This A16Z podcast episode features Alexander Wang, founder and CEO of Scale AI, discussing the evolution of AI, the importance of data, and his leadership philosophy. Wang and A16Z General Partner David George delve into the three pillars of AI progress: compute, algorithms, and data. Wang positions Scale AI as a key player in fueling AI advancements through data production.
Wang characterizes the current state of language models as closing in on the end of "phase two," which is the scaling phase after the early pure research. He believes that the industry is entering a phase where research directions will diverge significantly, with breakthroughs occurring at various times across different labs. One crucial element highlighted is the shift from raw execution to innovation-powered cycles, particularly in addressing the limitations of existing data.
The conversation stresses the importance of data production as the next frontier. With easily accessible data like Common Crawl exhausted, labs are hitting a "data wall." Wang proposes a focus on data abundance, moving towards "frontier data" to enable more complex capabilities in AI. He points to the current inadequacy of AI agents, noting the lack of high-quality agent data for training models to perform tool composition tasks like humans naturally do. The solution lies in capturing more of what humans do, investing in synthetic and hybrid data, and creating data foundries to generate massive amounts of high-quality data.

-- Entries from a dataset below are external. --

-- ===== src/Job/Audited.antt =====
-- What is audited of an execution.
use fineract_ai_reports.Prelude.{
  string_eq, nat_eq, contains, int_eq, ℕ, String, ◌≡◌, refl, Bool, true, false, ◌&&◌, not, List,
  map,
}
use fineract_ai_reports.Json.{}
use fineract_ai_reports.Management.{ManagementAuditEvent, event_type_str}
use fineract_ai_reports.Workflow.State.{}
use fineract_ai_reports.Job.{}
use fineract_ai_reports.Job.Audit.{ExecutionAuditContext, execution_lifecycle_events}
use fineract_ai_reports.Job.Sessions.{}
use fineract_ai_reports.Job.Repository.{}
use fineract_ai_reports.Job.Respond.{}
use fineract_ai_reports.Job.Terminal.{}
use fineract_ai_reports.Job.Answered.{}
use fineract_ai_reports.Job.Lifecycle.{}

abbrev pub names_of : List ManagementAuditEvent → List String
names_of events = map (λ (e : ManagementAuditEvent). event_type_str e.event_type) events

-- What is audited of an execution
abbrev pub IsAudited : ExecutionAuditContext → List ManagementAuditEvent → Type 0
IsAudited context events =
    (contains (names_of events) "policy.evaluated" ≡ true)
    × (contains (names_of events) "execution.authorized" ≡ context.allowed)
    × (contains (names_of events) "execution.blocked" ≡ not context.allowed)
    × (contains (names_of events) "execution.completed"
        ≡ (context.allowed && not context.timed_out))
    × (contains (names_of events) "execution.result_truncated"
        ≡ (context.allowed && context.truncated))
    × (contains (names_of events) "execution.timed_out" ≡ (context.allowed && context.timed_out))

-- An execution is always audited as evaluated; as authorized exactly if it was allowed, as blocked if
-- not; as completed exactly if it was allowed and did not time out, and as truncated or timed out
-- exactly if it was allowed and that happened: a blocked execution is never audited as run.
pub execution_lifecycle_events-IsAudited :
    (now session job actor : ℕ) (context : ExecutionAuditContext)
    → IsAudited context (execution_lifecycle_events now session job actor context)
unfolding execution_lifecycle_events event_type_str
execution_lifecycle_events-IsAudited now session job actor context =
    by_flags context.allowed context.truncated context.timed_out
  where
    with_flags : Bool → Bool → Bool → ExecutionAuditContext
    with_flags a t o = record context { allowed = a; truncated = t; timed_out = o }

    by_flags :
        (a t o : Bool)
        → IsAudited
            (with_flags a t o)
            (execution_lifecycle_events now session job actor (with_flags a t o))
    by_flags false t o = (refl, refl, refl, refl, refl, refl)
    by_flags true false false = (refl, refl, refl, refl, refl, refl)
    by_flags true false true = (refl, refl, refl, refl, refl, refl)
    by_flags true true false = (refl, refl, refl, refl, refl, refl)
    by_flags true true true = (refl, refl, refl, refl, refl, refl)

Wang discusses the advantage that big tech companies have with their internal data, but also addresses potential regulatory issues in utilizing this data, especially in Europe. He highlights the financial advantages of big tech companies, allowing them to heavily invest in AI efforts with the potential for significant returns.

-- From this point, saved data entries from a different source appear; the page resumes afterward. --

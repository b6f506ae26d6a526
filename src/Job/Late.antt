-- ===== src/Job/Late.antt =====
-- Statements that come too late: `fail` after a terminal state, and `update_plan_state` after another
-- request's.
use fineract_ai_reports.Prelude.{
  ==→≡, string_eq, nat_eq, err, int_eq, ℕ, ◌+◌, ◌≡◌, refl, ap, ◌∙◌, inl, inr, Bool, true, false,
  List, [], ◌∷◌, arith,
}
use fineract_ai_reports.Json.{Json, Fields}
use fineract_ai_reports.Management.{ManagementAuditEvent}
use fineract_ai_reports.Workflow.State.{update_where, count_where}
use fineract_ai_reports.Job.{ChatJobRow, ChatDb, enqueue}
use fineract_ai_reports.Job.Audit.{}
use fineract_ai_reports.Job.Repository.{
  is_job, update_jobs, insert_message, is_at_revision, plan_job, updated_by_another_request,
  update_plan_state,
}
use fineract_ai_reports.Job.Terminal.{
  complete_job, complete, assistant_message, AssistantResponseTerminal, completed_as, failed_as,
  Response, end_job, terminal_event, enqueue_all, lifecycle_of, persist_response,
  is_terminal_status, may_fail, fail_job, fail,
}
use fineract_ai_reports.Job.Tables.{mem-update_where, update_where-none, count_where-none}

enqueue_all-jobs :
    (events : List ManagementAuditEvent) (db : ChatDb) → (enqueue_all events db).jobs ≡ db.jobs
enqueue_all-jobs [] db = refl
enqueue_all-jobs (event ∷ events) db = enqueue_all-jobs events (enqueue event db)

persist_response-jobs :
    (r : Response) (db : ChatDb)
    → (persist_response r db).1.jobs
      ≡ update_where (is_job r.job_id) (end_job r.now r.result_json r.terminal) db.jobs
unfolding persist_response
persist_response-jobs r db = enqueue_all-jobs (lifecycle_of r r.execution) (
    enqueue (terminal_event r r.terminal) (
      update_jobs (is_job r.job_id) (end_job r.now r.result_json r.terminal) (
        insert_message
          (assistant_message r.now r.message_id r.session_id r.job_id r.content r.metadata_json)
          db)))

end_job-terminal :
    (now : ℕ) (result : Json) (terminal : AssistantResponseTerminal) (row : ChatJobRow)
    → is_terminal_status (end_job now result terminal row).status ≡ true
end_job-terminal now result (completed_as outcome) row = refl
end_job-terminal now result (failed_as error) row = refl

-- A call of `fail` that finds no row to change changes nothing.
fail-none :
    (now job : ℕ) (error : Json) (db : ChatDb)
    → count_where (may_fail job) db.jobs ≡ 0
    → fail now job error db ≡ (false, db)
unfolding fail
fail-none now job error db h =
    let kept = update_where-none (may_fail job) (fail_job now error) db.jobs h in
    let unchanged : update_jobs (may_fail job) (fail_job now error) db ≡ db =
      ap (λ (rows : List ChatJobRow). record db { jobs = rows }) kept in
    rw h (ap (λ (d : ChatDb). (false, d)) unchanged)

-- After the update that ends a job no row of it is left that may fail.
ended_never_fails :
    (job now : ℕ) (change : ChatJobRow → ChatJobRow) (rows : List ChatJobRow)
    → ((row : ChatJobRow) → is_terminal_status (change row).status ≡ true)
    → count_where (may_fail job) (update_where (is_job job) change rows) ≡ 0
ended_never_fails job now change rows ends =
    count_where-none (may_fail job) (update_where (is_job job) change rows) (λ b m.
      let (row, in_rows, which) = mem-update_where (is_job job) change rows m in
      elim which [
        | inl (t, e) ↦
            let terminal : is_terminal_status b.status ≡ true = rw e (ends row) in
            ground (arith, terminal)
        | inr (f, e) ↦ let f' : is_job job b ≡ false = rw e f in ground (arith, f')
      ])

-- What a job has become is not undone by a failure that is reported late: after the response and
-- the terminal state have been stored, and after `complete`, `fail` on the job answers that nothing
-- has changed, and nothing has.
pub fail_late :
    (r : Response) (now : ℕ) (error result : Json) (db : ChatDb)
    → (fail now r.job_id error (persist_response r db).1 ≡ (false, (persist_response r db).1))
      × (fail now r.job_id error (complete r.now r.job_id result db)
          ≡ (false, complete r.now r.job_id result db))
unfolding complete
fail_late r now error result db = (
  fail-none now r.job_id error (persist_response r db).1 (
      ap (count_where (may_fail r.job_id)) (persist_response-jobs r db)
      ∙ ended_never_fails r.job_id now (end_job r.now r.result_json r.terminal) db.jobs
          (end_job-terminal r.now r.result_json r.terminal)),
  fail-none now r.job_id error (complete r.now r.job_id result db)
      (ended_never_fails r.job_id now (complete_job r.now result) db.jobs (λ row. refl)),
)

module _ (now job user expected : ℕ) (state : Fields) (db : ChatDb) where
  abbrev waiting : ChatJobRow → Bool
  waiting = is_at_revision job user expected

  -- No row is left at the revision that an update has been made for.
  moved_on : count_where waiting (update_where waiting (plan_job now state) db.jobs) ≡ 0
  moved_on = count_where-none waiting (update_where waiting (plan_job now state) db.jobs) (λ b m.
      let (row, in_rows, which) = mem-update_where waiting (plan_job now state) db.jobs m in
      elim which [
        | inl (t, e) ↦
            let at : row.state_revision ≡ expected =
              ==→≡ row.state_revision expected (ground arith) in
            let moved : b.state_revision ≡ expected + 1 =
              ap (λ (r : ChatJobRow). r.state_revision) e ∙ omega (arith, at) in
            ground (arith, moved)
        | inr (f, e) ↦ rw e f
      ])

-- An update of the plan that fails changes nothing.
update_plan_state-none :
    (now job user expected : ℕ) (state : Fields) (db : ChatDb)
    → count_where (is_at_revision job user expected) db.jobs ≡ 0
    → update_plan_state now job user expected state db ≡ (err updated_by_another_request, db)
unfolding update_plan_state
update_plan_state-none now job user expected state db h =
    let test = is_at_revision job user expected in
    let kept = update_where-none test (plan_job now state) db.jobs h in
    let unchanged : update_jobs test (plan_job now state) db ≡ db =
      ap (λ (rows : List ChatJobRow). record db { jobs = rows }) kept in
    rw h (ap (λ (d : ChatDb). (err updated_by_another_request, d)) unchanged)

-- Of two updates of a job's plan that were made for the same revision, the second fails and changes
-- nothing: what the first has written is not lost.
pub update_plan_state_once :
    (now now' job user expected : ℕ) (state state' : Fields) (db : ChatDb)
    → update_plan_state now' job user expected state'
        (update_plan_state now job user expected state db).1
      ≡ (err updated_by_another_request, (update_plan_state now job user expected state db).1)
unfolding update_plan_state
update_plan_state_once now now' job user expected state state' db =
    update_plan_state-none now' job user expected state'
      (update_plan_state now job user expected state db).1 (moved_on now job user expected state db)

The discussion shifts to the market structure of the model layer. The cost of model inference has dramatically decreased, suggesting that intelligence may be becoming a commodity. Wang doubts that renting models will be a lucrative long-term business. He notes the value of businesses that provide the underlying hardware (NVIDIA) or the necessary cloud infrastructure. He notes higher quality businesses exist above the model layer with application, and a good example of this is ChatGPT.
Turning to enterprise adoption of AI, Wang observes excitement and experimentation but notes that fewer proof-of-concepts are making it to production than expected. Instead of a complete transformation, AI has so far mostly delivered efficiency gains and improvements to support functions, so in marginal areas. Wang encourages enterprises to focus on AI implementations that meaningfully boost stock prices through cost savings, efficiency gains, and better customer experiences.

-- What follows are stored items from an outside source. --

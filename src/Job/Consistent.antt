-- ===== src/Job/Consistent.antt =====
-- What holds of every job, after whichever calls.
use fineract_ai_reports.Prelude.{
  Option-cases, ◌==◌, string_eq, nat_eq, any, All, All-weaken, int_eq, ℕ, String, ◌≡◌, inl, inr,
  Bool, true, false, ◌&&◌, ◌||◌, none, some, List, [], ◌∷◌, ◌++◌, arith, ap, ◌∙◌, Option,
}
use fineract_ai_reports.Workflow.State.{}
use fineract_ai_reports.Job.{ChatJobRow, ChatMessageRow, ChatDb, is_some_of, is_null}
use fineract_ai_reports.Job.Audit.{}
use fineract_ai_reports.Job.Sessions.{}
use fineract_ai_reports.Job.Repository.{update_jobs, insert_message}
use fineract_ai_reports.Job.Respond.{}
use fineract_ai_reports.Job.Terminal.{is_terminal_status}
use fineract_ai_reports.Job.Tables.{All-update_where}
use fineract_ai_reports.Job.Answered.{}
use fineract_ai_reports.Job.Late.{}
use fineract_ai_reports.Job.Lifecycle.{}

abbrev pub is_known_status : String → Bool
is_known_status status =
    (status == "queued")
    || (status == "waiting_for_user_input")
    || (status == "completed")
    || (status == "failed")

pub record RowHolds (row : ChatJobRow) : Type 0 where
  pub known : is_known_status row.status ≡ true
  pub completed :
      row.status ≡ "completed"
      → (row.error_json ≡ none)
        × (is_null row.result_json ≡ false)
        × (is_null row.completed_at ≡ false)
  pub failed :
      row.status ≡ "failed" → (is_null row.error_json ≡ false) × (is_null row.failed_at ≡ false)

abbrev pub asks : ℕ → ℕ → ChatMessageRow → Bool
asks job id m = (m.id == id) && is_some_of m.job_id job && (m.role == "user")

-- The user's message of a job is there.
abbrev pub links : List ChatMessageRow → ℕ → Option ℕ → Bool
links messages job none = false
links messages job (some id) = any (asks job id) messages

abbrev pub is_linked : List ChatMessageRow → ChatJobRow → Bool
is_linked messages row = links messages row.id row.user_message_id

abbrev pub Holds : List ChatMessageRow → ChatJobRow → Type 0
Holds messages row = RowHolds row × (is_linked messages row ≡ true)

abbrev pub IsConsistent : ChatDb → Type 0
IsConsistent db = All (Holds db.messages) db.jobs

any-append_left :
    {A : Type 0} (p : A → Bool) (xs ys : List A) → any p xs ≡ true → any p (xs ++ ys) ≡ true
any-append_left p [] ys h = cc
any-append_left p (x ∷ xs) ys h = ground (arith, any-append_left p xs ys)

pub any-append_right :
    {A : Type 0} (p : A → Bool) (xs ys : List A) → any p ys ≡ true → any p (xs ++ ys) ≡ true
any-append_right p [] ys h = h
any-append_right p (x ∷ xs) ys h = ground (arith, any-append_right p xs ys h)

-- Further messages do not unlink a job.
pub Holds-append :
    (messages more : List ChatMessageRow) (row : ChatJobRow)
    → Holds messages row
    → Holds (messages ++ more) row
Holds-append messages more row (holds, linked) = (
  holds,
  elim (Option-cases row.user_message_id) [
    | inl nothing ↦ let no_link : false ≡ true = rw nothing at linked in cc
    | inr (id, e) ↦
        let linked' : any (asks row.id id) messages ≡ true = rw e at linked in
        rw e (any-append_left (asks row.id id) messages more linked')
  ],
)

-- A change that keeps what holds of a row, and its id and message
pub record Keeps (test : ChatJobRow → Bool) (change : ChatJobRow → ChatJobRow) : Type 0 where
  pub holds : (row : ChatJobRow) → test row ≡ true → RowHolds row → RowHolds (change row)
  pub same_id : (row : ChatJobRow) → (change row).id ≡ row.id
  pub same_message : (row : ChatJobRow) → (change row).user_message_id ≡ row.user_message_id

pub update_jobs-IsConsistent :
    (test : ChatJobRow → Bool) (change : ChatJobRow → ChatJobRow)
    → Keeps test change
    → (db : ChatDb) → IsConsistent db
    → IsConsistent (update_jobs test change db)
update_jobs-IsConsistent test change keeps db h =
    All-update_where test change (Holds db.messages) (Holds db.messages)
      (λ row t (holds, linked). (
        keeps.holds row t holds,
        ap (links db.messages (change row).id) (keeps.same_message row)
            ∙ ap (λ id. links db.messages id row.user_message_id) (keeps.same_id row)
            ∙ linked,
      ))
      (λ row f p. p) db.jobs h

pub insert_message-IsConsistent :
    (m : ChatMessageRow) (db : ChatDb) → IsConsistent db → IsConsistent (insert_message m db)
insert_message-IsConsistent m db h = All-weaken (Holds-append db.messages (m ∷ [])) db.jobs h

-- A change that keeps what holds of a row whichever row passes
pub quiet :
    (test : ChatJobRow → Bool) (change : ChatJobRow → ChatJobRow)
    → ((row : ChatJobRow) → RowHolds row → RowHolds (change row))
    → ((row : ChatJobRow) → (change row).id ≡ row.id)
    → ((row : ChatJobRow) → (change row).user_message_id ≡ row.user_message_id)
    → Keeps test change
quiet test change holds same_id same_message = record {
  holds = λ row t. holds row;
  same_id = same_id;
  same_message = same_message;
}

pub RowHolds-open :
    (row : ChatJobRow)
    → is_known_status row.status ≡ true
    → is_terminal_status row.status ≡ false
    → RowHolds row
RowHolds-open row known unended = record {
  known = known;
  completed = λ e. let ended = ap is_terminal_status e in cc;
  failed = λ e. let ended = ap is_terminal_status e in cc;
}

He highlights the potential value of enterprise data, which is used by AI to transform current business operations. Data is valuable, and it’s hyper valuable, however there are challenges around how companies organize and leverage that data.
The conversation pivots to Wang's leadership philosophy and lessons learned from the hiring boom of 2020 and 2021. He acknowledges the mistake of assuming that more people equate to better results. He discovered that a high-performing team is delicate and difficult to scale dramatically without sacrificing quality and culture. He suggests that startups should prioritize keeping high-performing teams intact. He also advises that when hiring executives, it's important to integrate them into the existing culture and operations before making sweeping changes.
Wang discusses Scale AI's implementation of "MEI" (merit, excellence, and intelligence), emphasizing that they will hire the best candidate for each position regardless of demographics.
Finally, Wang offers his definition of Artificial General Intelligence (AGI) as when AI can accomplish 80% or more of jobs that people do purely on computers. He expects that to be a minimum of four years away.